# Angeln auf Texel



## Hennesee81 (18. Juni 2013)

Tag zusammen,

ich werde diesen Sommer einige Tage auf Texel in Holland sein. Kann man da auf Hecht und Barsch spinnen? Gibt es dort auf der Insel Süßwasser?
Wenn ja, wie sieht das mit dem Schein aus, muss ich einen Angelschein haben oder lediglich ne Tageskarte oder so kaufen?

Gruß und Dank!


----------



## argl (24. Juni 2013)

*AW: Angeln auf Texel*

Hallo,

du kannst gut am Leuchtturm auf's Pier gehen und Seebarsche fangen. 

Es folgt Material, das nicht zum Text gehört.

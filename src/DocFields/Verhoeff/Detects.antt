-- ===== src/DocFields/Verhoeff/Detects.antt =====
-- The checksum notices every single misread digit and every swap of neighbours.
use circle_core.Prelude.{ℕ, suc, ◌+◌, ◌<◌, ◌≡◌, ◌≢◌, List, [], ◌∷◌, ◌++◌, arith, All, length}
use circle_core.DocFields.Verhoeff.{step, checksum_from}
use circle_core.DocFields.Verhoeff.Tables.{step_lt, step-ne_digit, step-ne_checksum, step-ne_swap}

abbrev pub Digits : List ℕ → Type 0
Digits = All (λ x. x < 10)

pub checksum_from-append :
    (p c : ℕ) (xs ys : List ℕ)
    → checksum_from p c (xs ++ ys) ≡ checksum_from (p + length xs) (checksum_from p c xs) ys
unfolding checksum_from
checksum_from-append p c [] ys = let e : p + 0 ≡ p = omega arith in rw e
checksum_from-append p c (x ∷ xs) ys =
    let e : p + suc (length xs) ≡ p + 1 + length xs = omega arith in
    rw e (checksum_from-append (p + 1) (step p c x) xs ys)

pub checksum_from_lt : (p c : ℕ) (xs : List ℕ) → c < 10 → Digits xs → checksum_from p c xs < 10
unfolding checksum_from
checksum_from_lt p c [] hc h = hc
checksum_from_lt p c (x ∷ xs) hc h =
    checksum_from_lt (p + 1) (step p c x) xs (step_lt p c x hc h.0) h.1

-- Two different checksums stay different over the same digits.
checksum_from-ne :
    (p c d : ℕ) (xs : List ℕ)
    → c < 10
    → d < 10
    → Digits xs
    → c ≢ d
    → checksum_from p c xs ≢ checksum_from p d xs
unfolding checksum_from
checksum_from-ne p c d [] hc hd h n = n
checksum_from-ne p c d (x ∷ xs) hc hd h n =
    checksum_from-ne (p + 1) (step p c x) (step p d x) xs (step_lt p c x hc h.0)
      (step_lt p d x hd h.0) h.1 (step-ne_checksum p c d x hc hd h.0 n)

module _ (xs ys : List ℕ) (hx : Digits xs) (hy : Digits ys) (a b : ℕ) (ha : a < 10) (hb : b < 10)
    (n : a ≢ b) where
  pub checksum_from-ne_substituted :
      checksum_from 0 0 (xs ++ a ∷ ys) ≢ checksum_from 0 0 (xs ++ b ∷ ys)
  checksum_from-ne_substituted =
      let c = checksum_from 0 0 xs in
      let hc = checksum_from_lt 0 0 xs (omega arith) hx in
      let p = 0 + length xs in
      rw (checksum_from-append 0 0 xs (a ∷ ys), checksum_from-append 0 0 xs (b ∷ ys))
        (unfold checksum_from in
          checksum_from-ne (p + 1) (step p c a) (step p c b) ys (step_lt p c a hc ha)
            (step_lt p c b hc hb) hy (step-ne_digit p c a b hc ha hb n))

  pub checksum_from-ne_swapped :
      checksum_from 0 0 (xs ++ a ∷ b ∷ ys) ≢ checksum_from 0 0 (xs ++ b ∷ a ∷ ys)
  checksum_from-ne_swapped =
      let c = checksum_from 0 0 xs in
      let hc = checksum_from_lt 0 0 xs (omega arith) hx in
      let p = 0 + length xs in
      rw (checksum_from-append 0 0 xs (a ∷ b ∷ ys), checksum_from-append 0 0 xs (b ∷ a ∷ ys))
        (unfold checksum_from in
          checksum_from-ne (p + 1 + 1) (step (p + 1) (step p c a) b) (step (p + 1) (step p c b) a)
            ys (step_lt (p + 1) (step p c a) b (step_lt p c a hc ha) hb)
            (step_lt (p + 1) (step p c b) a (step_lt p c b hc hb) ha) hy
            (step-ne_swap p c a b hc ha hb n))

Oder von Oudeschild mit der Rival auf Makrele und Plattfisch.


----------



## Hennesee81 (24. Juni 2013)

*AW: Angeln auf Texel*

Ich heiße nicht Dirk 

Aber danke für die Info. Wie sieht es mit Süßwasser aus?


----------



## j.Breithardt (24. Juni 2013)

*AW: Angeln auf Texel*

Bei Google gibt es eine Menge an Infos. Man muß sich nur mal etwas bemühen.


----------



## Hennesee81 (24. Juni 2013)

*AW: Angeln auf Texel*

Das habe ich schon getan. Dachte eher eventuell an Insider Tips, die eben nicht im Netz stehen.


----------



## derporto (24. Juni 2013)

*AW: Angeln auf Texel*

Stellt sich mir nur die Frage: Warum nach Texel um im Süßwasser zu angeln?

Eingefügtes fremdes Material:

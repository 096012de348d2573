-- ===== src/DocFields/Aadhaar.antt =====
-- The Aadhaar number: what the checksum refuses, what the mask hides, which candidate is taken.
use mathlib.Core.List.{reverse, reverse-append, map-append, append_assoc}
use circle_core.Prelude.{
  ℕ, ◌<◌, ◌≡◌, ◌≢◌, refl, sym, ap, ◌∙◌, Bool, true, false, some, List, [], ◌∷◌, ◌++◌, map, arith,
  length, drop, keep_if, Option-cases, inl, inr, any, find, Bool-cases, replicate, Option, none,
  some,
}
use circle_core.Text.{Text, DigitTable, is_digit, digits_of, digit_value}
use circle_core.DocFields.Verhoeff.{checksum_from}
use circle_core.DocFields.Verhoeff.Detects.{
  Digits, checksum_from-ne_substituted, checksum_from-ne_swapped,
}
use circle_core.DocFields.{
  is_valid_aadhaar, mask_aadhaar, choose_candidate, first_candidate, aadhaar_candidates,
  find_aadhaar_candidate,
}

keep_if-append {ℓ} :
    {A : Type ℓ} (p : A → Bool) (xs ys : List A)
    → keep_if p (xs ++ ys) ≡ keep_if p xs ++ keep_if p ys
keep_if-append p [] ys = refl
keep_if-append p (x ∷ xs) ys = ground (arith, keep_if-append p xs ys)

-- The value of an option, or a default.
abbrev pub or_else : Option Text → Text → Text
or_else none d = d
or_else (some x) d = x

module _ (t : DigitTable) where
  values : Text → List ℕ
  values s = map (digit_value t) (reverse s)

  digit_value_lt : (c : ℕ) → digit_value t c < 10
  digit_value_lt c = elim (Option-cases (t.value c)) [
    | inl e ↦ rw (e, digit_value) (omega arith)
    | inr (v, e) ↦ rw (e, digit_value) (t.value_lt c v e)
  ]

  values-Digits : (s : Text) → Digits (map (digit_value t) s)
  values-Digits [] = tt
  values-Digits (c ∷ s) = (digit_value_lt c, values-Digits s)

  checksum_of_valid :
      (n : Text) → is_valid_aadhaar t n ≡ true → checksum_from 0 0 (values (digits_of t n)) ≡ 0
  unfolding is_valid_aadhaar values
  checksum_of_valid n h = ground arith

  invalid_of_checksum :
      (n : Text) → checksum_from 0 0 (values (digits_of t n)) ≢ 0 → is_valid_aadhaar t n ≡ false
  unfolding is_valid_aadhaar values
  invalid_of_checksum n h = ground arith

  values-append : (xs ys : Text) → values (xs ++ ys) ≡ values ys ++ values xs
  unfolding values
  values-append xs ys = simp (reverse-append, map-append)

  digits_of-cons :
      (c v : ℕ) (s : Text) → t.value c ≡ some v → digits_of t (c ∷ s) ≡ c ∷ digits_of t s
  digits_of-cons c v s e = ground arith

  digit_value_eq : (c v : ℕ) → t.value c ≡ some v → digit_value t c ≡ v
  digit_value_eq c v e = ground arith

  values-digit :
      (c v : ℕ) (s : Text)
      → t.value c ≡ some v
      → values (digits_of t (c ∷ s)) ≡ values (digits_of t s) ++ v ∷ []
  values-digit c v s e = rw (digits_of-cons c v s e) (
      values-append (c ∷ []) (digits_of t s)
      ∙ (unfold values in ap (λ x. values (digits_of t s) ++ x ∷ []) (digit_value_eq c v e)))

  values-split :
      (xs ys : Text)
      → values (digits_of t (xs ++ ys)) ≡ values (digits_of t ys) ++ values (digits_of t xs)
  values-split xs ys =
      ap values (keep_if-append (is_digit t) xs ys)
      ∙ values-append (digits_of t xs) (digits_of t ys)

  values-middle :
      (pre suf : Text) (c v : ℕ)
      → t.value c ≡ some v
      → values (digits_of t (pre ++ c ∷ suf))
        ≡ values (digits_of t suf) ++ v ∷ values (digits_of t pre)
  values-middle pre suf c v e =
      values-split pre (c ∷ suf)
      ∙ (ap (λ l. l ++ values (digits_of t pre)) (values-digit c v suf e)
          ∙ append_assoc (values (digits_of t suf)) (v ∷ []) (values (digits_of t pre)))

  values-middle_two :
      (pre suf : Text) (c d v w : ℕ)
      → t.value c ≡ some v
      → t.value d ≡ some w
      → values (digits_of t (pre ++ c ∷ d ∷ suf))
        ≡ values (digits_of t suf) ++ w ∷ v ∷ values (digits_of t pre)
  values-middle_two pre suf c d v w e f =
      values-middle pre (d ∷ suf) c v e
      ∙ (ap (λ l. l ++ v ∷ values (digits_of t pre)) (values-digit d w suf f)
          ∙ append_assoc (values (digits_of t suf)) (w ∷ []) (v ∷ values (digits_of t pre)))

  values_lt : (s : Text) → Digits (values s)
  unfolding values
  values_lt s = values-Digits (reverse s)

  module _ (pre suf : Text) (c d v w : ℕ) (hc : t.value c ≡ some v) (hd : t.value d ≡ some w)
      (n : v ≢ w) where
    -- The checksum refuses a number in which one digit of a valid number has been misread as a
    -- digit of another value, whatever else stands around it.
    pub is_valid_aadhaar_misread :
        is_valid_aadhaar t (pre ++ c ∷ suf) ≡ true → is_valid_aadhaar t (pre ++ d ∷ suf) ≡ false
    is_valid_aadhaar_misread h = invalid_of_checksum _ (λ e.
        checksum_from-ne_substituted (values (digits_of t suf)) (values (digits_of t pre))
          (values_lt _) (values_lt _) v w (t.value_lt c v hc) (t.value_lt d w hd) n
          (sym (ap (checksum_from 0 0) (values-middle pre suf c v hc))
            ∙ (checksum_of_valid _ h
                ∙ (sym e ∙ ap (checksum_from 0 0) (values-middle pre suf d w hd)))))

    -- The checksum refuses a number in which two neighbouring digits of a valid number, of
    -- different values, have changed places.
    pub is_valid_aadhaar_swapped :
        is_valid_aadhaar t (pre ++ c ∷ d ∷ suf) ≡ true
        → is_valid_aadhaar t (pre ++ d ∷ c ∷ suf) ≡ false
    is_valid_aadhaar_swapped h = invalid_of_checksum _ (λ e.
        checksum_from-ne_swapped (values (digits_of t suf)) (values (digits_of t pre)) (values_lt _)
          (values_lt _) w v (t.value_lt d w hd) (t.value_lt c v hc) (λ q. n (sym q))
          (sym (ap (checksum_from 0 0) (values-middle_two pre suf c d v w hc hd))
            ∙ (checksum_of_valid _ h
                ∙ (sym e ∙ ap (checksum_from 0 0) (values-middle_two pre suf d c w v hd hc)))))

  -- Masked numbers of twelve digits that agree on the last four are equal: the mask tells nothing
  -- of the other eight. It shows eight X and those four.
  mask_aadhaar_hides :
      (m n : Text)
      → length (digits_of t m) ≡ 12
      → length (digits_of t n) ≡ 12
      → drop 8 (digits_of t m) ≡ drop 8 (digits_of t n)
      → (mask_aadhaar t m ≡ mask_aadhaar t n)
        × (mask_aadhaar t m ≡ replicate 8 b'X' ++ drop 8 (digits_of t m))
  unfolding mask_aadhaar
  mask_aadhaar_hides m n hm hn e = (simp (hm, hn, e), simp hm)

  choose_candidate-valid :
      (fallback : Text) (cs : List Text)
      → any (is_valid_aadhaar t) cs ≡ true
      → is_valid_aadhaar t (choose_candidate t fallback cs) ≡ true
  unfolding choose_candidate
  choose_candidate-valid fallback [] h = cc
  choose_candidate-valid fallback (c ∷ cs) h = ground (arith, choose_candidate-valid fallback cs)

  choose_candidate-fallback :
      (fallback : Text) (cs : List Text)
      → any (is_valid_aadhaar t) cs ≡ false
      → choose_candidate t fallback cs ≡ fallback
  unfolding choose_candidate
  choose_candidate-fallback fallback [] h = refl
  choose_candidate-fallback fallback (c ∷ cs) h =
      ground (arith, choose_candidate-fallback fallback cs)

  first_candidate-invalid :
      (cs : List Text)
      → any (is_valid_aadhaar t) cs ≡ false
      → is_valid_aadhaar t (first_candidate cs) ≡ false
  unfolding first_candidate
  first_candidate-invalid [] h = unfold is_valid_aadhaar in refl
  first_candidate-invalid (c ∷ cs) h = ground arith

  choose_candidate-find :
      (fallback : Text) (cs : List Text)
      → choose_candidate t fallback cs ≡ or_else (find (is_valid_aadhaar t) cs) fallback
  unfolding choose_candidate
  choose_candidate-find fallback [] = refl
  choose_candidate-find fallback (c ∷ cs) = ground (arith, choose_candidate-find fallback cs)

  -- The chosen candidate passes the checksum exactly when some run of twelve digits in the text
  -- does. It is the first run of twelve digits that passes, or else the first one, or else empty.
  pub find_aadhaar_candidate_valid :
      (text : Text)
      → (is_valid_aadhaar t (find_aadhaar_candidate t text)
          ≡ any (is_valid_aadhaar t) (aadhaar_candidates t text))
        × (find_aadhaar_candidate t text
            ≡ or_else
                (find (is_valid_aadhaar t) (aadhaar_candidates t text))
                (first_candidate (aadhaar_candidates t text)))
  unfolding find_aadhaar_candidate
  find_aadhaar_candidate_valid text =
      let cs = aadhaar_candidates t text in
      let fallback = first_candidate cs in
      (
        elim (Bool-cases (any (is_valid_aadhaar t) cs)) [
          | inl some_valid ↦ choose_candidate-valid fallback cs some_valid ∙ sym some_valid
          | inr none_valid ↦
              ap (is_valid_aadhaar t) (choose_candidate-fallback fallback cs none_valid)
              ∙ (first_candidate-invalid cs none_valid ∙ sym none_valid)
        ],
        choose_candidate-find fallback cs,
      )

Wolfsbarsch, Platte (bis hin zu Seezunge), Makrelen, Hornis etc. 

Auf so einer Insel würde mich nichts, aber rein gar nichts, an einen See ziehen. Ab an den Strand!

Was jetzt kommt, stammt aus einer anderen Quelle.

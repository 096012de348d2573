-- ===== src/DocFields/Extract.antt =====
-- The extractor of each type of document, and `extract_fields`, which picks one.
use circle_core.Prelude.{
  ℕ, suc, ◌+◌, ◌-◌, ◌*◌, Bool, true, false, ◌&&◌, not, String, Option, none, some, List, [], ◌∷◌,
  ◌++◌, leb, if◌then◌else◌, take, drop, any,
}
use circle_core.Dict.{Dict}
use circle_core.Text.{Text, codes, strip, text_eq, is_empty, digit_value, DigitTable}
use circle_core.Text.Ops.{contains, join}
use circle_core.DocFields.Patterns.{Chars, first, pan_re, pincode_re, dob_re, year_re, has_word}
use circle_core.DocFields.{
  FieldResult, is_valid_aadhaar, mask_aadhaar, lines, labelled_value, name_above_dob, find_gender,
  find_aadhaar_candidate,
}

-- `if value: fields[key] = value`
unfoldable pub add_field : String → Text → Dict Text → Dict Text
add_field key value fields = if is_empty value then fields else fields ++ (key, value) ∷ []

-- The keys that a machine check confirmed: the one that was checked, or none.
unfoldable pub confirmed : Bool → String → List String
confirmed validated key = if validated then key ∷ [] else []

module _ (t : Chars) where
  pub aadhaar_name : Text → Text
  unfolding name_above_dob labelled_value lines
  aadhaar_name text =
      let above = name_above_dob t (lines text) in
      if is_empty above then labelled_value t (lines text) (codes "name") else above

  unfoldable pub extract_aadhaar : Text → FieldResult
  extract_aadhaar text =
      let raw = find_aadhaar_candidate t.digits text in
      let validated = not (is_empty raw) && is_valid_aadhaar t.digits raw in
      record {
        fields = add_field "name" (aadhaar_name text) (
            add_field "gender" (find_gender t text) (
              add_field "dob" (first t (dob_re t) text)
                (if is_empty raw then [] else ("number", mask_aadhaar t.digits raw) ∷ [])));
        warnings =
            if is_empty raw
            then codes "No 12-digit Aadhaar number found in the image." ∷ []
            else if is_valid_aadhaar t.digits raw
            then []
            else codes "Aadhaar checksum did not match - a digit was likely misread." ∷ [];
        validated = validated;
        validated_fields = confirmed validated "number";
      }

  unfoldable pub extract_pan : Text → FieldResult
  extract_pan text =
      let number = first t (pan_re t) (t.upper text) in
      let validated = not (is_empty number) in
      record {
        fields = add_field "dob" (first t (dob_re t) text) (
            add_field "fatherName" (labelled_value t (lines text) (codes "father")) (
              add_field "name" (labelled_value t (lines text) (codes "name"))
                (if is_empty number then [] else ("number", number) ∷ [])));
        warnings =
            if is_empty number
            then codes "No valid PAN number (ABCDE1234F) found in the image." ∷ []
            else [];
        validated = validated;
        validated_fields = confirmed validated "number";
      }

-- The place of the first line that carries the pincode.
line_with : Text → List Text → Option ℕ
line_with pincode [] = none
line_with pincode (l ∷ ls) = elim (line_with pincode ls) [
  | none ↦ if contains pincode l then some 0 else none
  | some i ↦ if contains pincode l then some 0 else some (suc i)
]

-- `_lines_around_pincode`: that line and at most two above it.
pub lines_around_pincode : List Text → Text → List Text
unfolding line_with
lines_around_pincode ls pincode = if is_empty pincode then [] else elim (line_with pincode ls) [
  | none ↦ []
  | some index ↦ take (index + 1 - (index - 2)) (drop (index - 2) ls)
]

abbrev best_effort : Text
best_effort = codes "Address is a best-effort read - please check it against the image."

-- `_match_hint`: the first line with one of the hints.
pub match_hint : Chars → List Text → List Text → Text
match_hint t hints [] = []
match_hint t hints (l ∷ ls) =
    let later = match_hint t hints ls in if any (λ h. has_word t h l) hints then l else later

abbrev degree_hints : List Text
degree_hints =
    codes "bachelor"
    ∷ codes "master"
    ∷ codes "b.tech"
    ∷ codes "b.e"
    ∷ codes "b.sc"
    ∷ codes "b.com"
    ∷ codes "b.a"
    ∷ codes "m.tech"
    ∷ codes "m.sc"
    ∷ codes "m.com"
    ∷ codes "m.a"
    ∷ codes "mba"
    ∷ codes "mca"
    ∷ codes "bca"
    ∷ codes "phd"
    ∷ codes "diploma"
    ∷ []

abbrev institution_hints : List Text
institution_hints =
    codes "university" ∷ codes "institute" ∷ codes "college" ∷ codes "board" ∷ codes "school" ∷ []

-- `int(year)`
number_value : DigitTable → ℕ → Text → ℕ
number_value t n [] = n
number_value t n (c ∷ s) = number_value t (n * 10 + digit_value t c) s

module _ (t : Chars) where
  unfoldable pub extract_address_proof : Text → FieldResult
  extract_address_proof text =
      let pincode = first t (pincode_re t) text in
      let block = lines_around_pincode (lines text) pincode in
      let validated = not (is_empty pincode) in
      record {
        fields =
            (if is_empty pincode then [] else ("pincode", pincode) ∷ [])
            ++ (if is_empty block then [] else ("address", join (codes ", ") block) ∷ []);
        warnings =
            (if is_empty pincode
              then codes "No 6-digit pincode found - please enter the address manually." ∷ []
              else [])
            ++ (if is_empty block then [] else best_effort ∷ []);
        validated = validated;
        validated_fields = confirmed validated "pincode";
      }

  pub plausible_year : Text → Bool
  unfolding number_value
  plausible_year year =
      not (is_empty year)
      && (leb 1950 (number_value t.digits 0 year) && leb (number_value t.digits 0 year) 2049)

  unfoldable pub extract_education : Text → FieldResult
  extract_education text =
      let year = first t (year_re t) text in
      let validated = plausible_year year in
      record {
        fields = add_field "degree" (match_hint t degree_hints (lines text)) (
            add_field "institution" (match_hint t institution_hints (lines text))
              (if validated then ("year", year) ∷ [] else []));
        warnings =
            (if validated then [] else codes "No plausible year of passing found." ∷ [])
            ++ codes "Certificate layouts vary - please check every field against the image." ∷ [];
        validated = validated;
        validated_fields = confirmed validated "year";
      }

  unfoldable pub empty_result : Text → FieldResult
  empty_result warning = record {
    fields = [];
    warnings = warning ∷ [];
    validated = false;
    validated_fields = [];
  }

  -- `_EXTRACTORS.get(...)`
  unfoldable pub extractor_for : Text → Option (Text → FieldResult)
  extractor_for label =
      if text_eq label (t.casefold (codes "Aadhaar card"))
      then some (extract_aadhaar t)
      else if text_eq label (t.casefold (codes "PAN card"))
      then some (extract_pan t)
      else if text_eq label (t.casefold (codes "Address proof"))
      then some extract_address_proof
      else if text_eq label (t.casefold (codes "Education certificates"))
      then some extract_education
      else none

  pub supports : Text → Bool
  unfolding extractor_for
  supports doc_type = elim (extractor_for (t.casefold (strip doc_type))) [
    | none ↦ false
    | some f ↦ true
  ]

  -- What `extract_fields` does with the extractor that it looked up.
  unfoldable pub extract_with : Text → Text → Option (Text → FieldResult) → FieldResult
  extract_with doc_type text none =
      empty_result
        (codes "No extraction rules for '" ++ (doc_type ++ codes "' - enter values manually."))
  extract_with doc_type text (some extractor) =
      if is_empty (strip text)
      then empty_result (codes "No text could be read from the image.")
      else extractor text

  unfoldable pub extract_fields : Text → Text → FieldResult
  unfolding extract_with
  extract_fields doc_type text =
      extract_with doc_type text (extractor_for (t.casefold (strip doc_type)))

Aber du wirst deine Gründe haben


----------



## Hennesee81 (25. Juni 2013)

*AW: Angeln auf Texel*

Ich bin mehr oder weniger gezwungen dort hin zu fahren. Hab auch keine Brandungsausrüstung da ich das nie mache und auch kein großes Interesse daran habe.
Da ich halt da bin, dachte ich könnte eventuell ein wenig angeln.


----------



## argl (25. Juni 2013)

*AW: Angeln auf Texel*

Wir fahren seit 8 Jahren nach Texel. Warum muss dich jemand zwingen auf diese schöne Insel zu fahren ? |gr: |supergri

Du triffst am Leuchtturm immer Angler. 
Fahre einfach mal dorthin und erkundige dich.


----------



## Hennesee81 (25. Juni 2013)

*AW: Angeln auf Texel*

Zwingen ist villeicht das falsche Wort. Hab ja nicht gesagt das die Insel nicht schön ist. 
Bin nur halt kein Bandungsangler und will für die Tage keine komplette Ausrüstung kaufen.


----------



## argl (25. Juni 2013)

*AW: Angeln auf Texel*

Ich gehe bei Ebbe auf's Pier. Aber nur mit Einheimischen, die kennen das Wasser genau.  Da brauchst du keine Brandungsausrüstung.


----------



## argl (26. Juni 2013)

*AW: Angeln auf Texel*

Falls du mit Jaap und der Rival rausfahren möchtest, kannst du dir dort auch eine Angel leihen. Mitfahren kostet glaube 26,00 EUR , Angel 7,50 EUR und die Wattwürmer 5,00 EUR. 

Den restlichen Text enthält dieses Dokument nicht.